[WORK TASK]:
In the data below, find every line with the word "antt" and copy it out.

Records from a data collection:
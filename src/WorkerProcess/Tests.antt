-- ===== src/WorkerProcess/Tests.antt =====
-- A signal arrives while one CRM job is in progress.
use property_platform_backen.Prelude.{◌≤◌, ◌≡◌, refl, true, false, none, some, arith}
use property_platform_backen.WorkerProcess.{
  Process, take_job, return_close, crm_step, email_step, signalled, Reaches, here, next,
  waiting_process,
}
use property_platform_backen.WorkerProcess.Shutdown.{ends_drained}

-- The process while the CRM job is still in progress.
abbrev draining : Process
draining = record {
  crm = record { active = 1; closing = true; closed = false };
  email = record { active = 0; closing = true; closed = true };
  was_signalled = true;
  exit = none;
}

abbrev one_job : Reaches waiting_process draining
one_job =
    next (next (next here refl (crm_step (take_job refl (omega arith)))) refl signalled) refl
      (email_step (return_close refl refl))

ends_drained_example :
    (draining.crm.active ≤ 5)
    × (draining.email.active ≤ 10)
    × (draining.exit ≡ some 0 → (draining.crm.active ≡ 0) × (draining.email.active ≡ 0))
    × (draining.exit ≡ none
        → draining.was_signalled ≡ true
        → (r : Process) × Reaches draining r × (r.exit ≡ some 0))
ends_drained_example = ends_drained draining one_job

[ANSWER TO THIS PROBLEM]:
filename src/WorkerProcess/Tests.antt
-- ===== src/WorkerProcess/Tests.antt =====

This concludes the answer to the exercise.